Saturday, October 1, 2011

turkish hummus



This is much like the familiar Middle Eastern chickpea purée, but instead of tahini, the chickpeas are blended with yogurt. It’s lighter than the version made with tahini, and it’s nice either warm or at room temperature. Skinning the chickpeas makes a more delicate, smoother purée, and it doesn’t take as long as you’d think, but I leave the step as an optional one.

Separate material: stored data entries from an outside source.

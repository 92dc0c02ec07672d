-- ===== src/Core/SessionStore/Tests.antt =====
-- The memory store on concrete sessions.
use koraku.Prelude.{text_equality, true, ℕ, ◌+◌, ◌≤◌, ◌≡◌, refl, none, some, [], ◌∷◌, length, ◌⊎◌}
use koraku.Prelude.Text.{Text, text, strip}
use koraku.Prelude.Dict
use koraku.Prelude.Dict.{Dict, IsUnique}
use koraku.Agent.Message.{message, user, plain}
use koraku.Core.SessionStore.{
  Session, Sessions, Owner, StoreSettings, prune, evict, drop_idle, create_session, resume_session,
  requested_id, save, get_or_create,
}
use koraku.Core.SessionStore.Bounds.{get_or_create_bounded}
use koraku.Core.SessionStore.Owners.{get_or_create_owned}

abbrev small : StoreSettings
small = record { session_ttl = 100; session_store_max = 2 }

abbrev alice : Owner
alice = record { sub = some (text "alice"); org_id = none }

abbrev session_of : Text → Owner → Session
session_of id owner = record {
  session_id = id;
  owner_sub = owner.sub;
  owner_org_id = owner.org_id;
  messages = message user (plain (text "hello")) ∷ [];
}

abbrev two : Sessions
two =
    (text "a", (10, session_of (text "a") alice))
    ∷ (text "b", (20, session_of (text "b") (record { sub = none; org_id = none })))
    ∷ []

two-IsUnique : IsUnique two
unfolding Dict.get
two-IsUnique = (refl, (refl, tt))

-- The session of another owner is dropped, and an empty one takes its id.
foreign_is_replaced :
    (get_or_create (λ s. true) small (text "u") 30 (some (text "b")) alice two).1.messages ≡ []
unfolding get_or_create prune evict drop_idle create_session resume_session save strip Dict.get
foreign_is_replaced = refl

get_or_create_bounded_example :
    let after : Sessions =
      (get_or_create (λ s. true) small (text "u") 30 (some (text "c")) alice two).0 in
    (length after ≤ 2 + 1) × IsUnique after
get_or_create_bounded_example =
    get_or_create_bounded (λ s. true) small (text "u") 30 (some (text "c")) alice two two-IsUnique

get_or_create_owned_example :
    let session : Session =
      (get_or_create (λ s. true) small (text "u") 30 (some (text "a")) alice two).1 in
    (session.owner_sub ≡ some (text "alice"))
    × (session.owner_org_id ≡ none)
    × ((session.messages ≡ [])
        ⊎ ((updated_at : ℕ) × (Dict.get
                (prune small 30 two)
                (requested_id (λ s. true) (some (text "a")))
              ≡ some (updated_at, session))))
get_or_create_owned_example =
    get_or_create_owned (λ s. true) small (text "u") 30 (some (text "a")) alice two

6 ounces (1 cup) dried chickpeas, rinsed, picked over and soaked for 4 to 6 hours, or overnight

Salt to taste

2 garlic cloves, green shoots removed

1/2 teaspoon ground cumin

3 tablespoons freshly squeezed lemon juice

3 to 4 tablespoons extra virgin olive oil, to taste

1/4 cup thick Greek-style or drained yogurt

For garnish (optional):

Fresh pomegranate seeds

Ground cumin

Black olives

1. Drain the soaked chickpeas and place in a pot with 1 quart of water. Bring to a boil, reduce the heat and simmer 1 hour. Add salt to taste and continue to simmer for another hour, or until chickpeas are thoroughly tender. Remove from the heat. Drain but retain about 1/2 cup of the cooking liquid. You should have 2 cups cooked chickpeas.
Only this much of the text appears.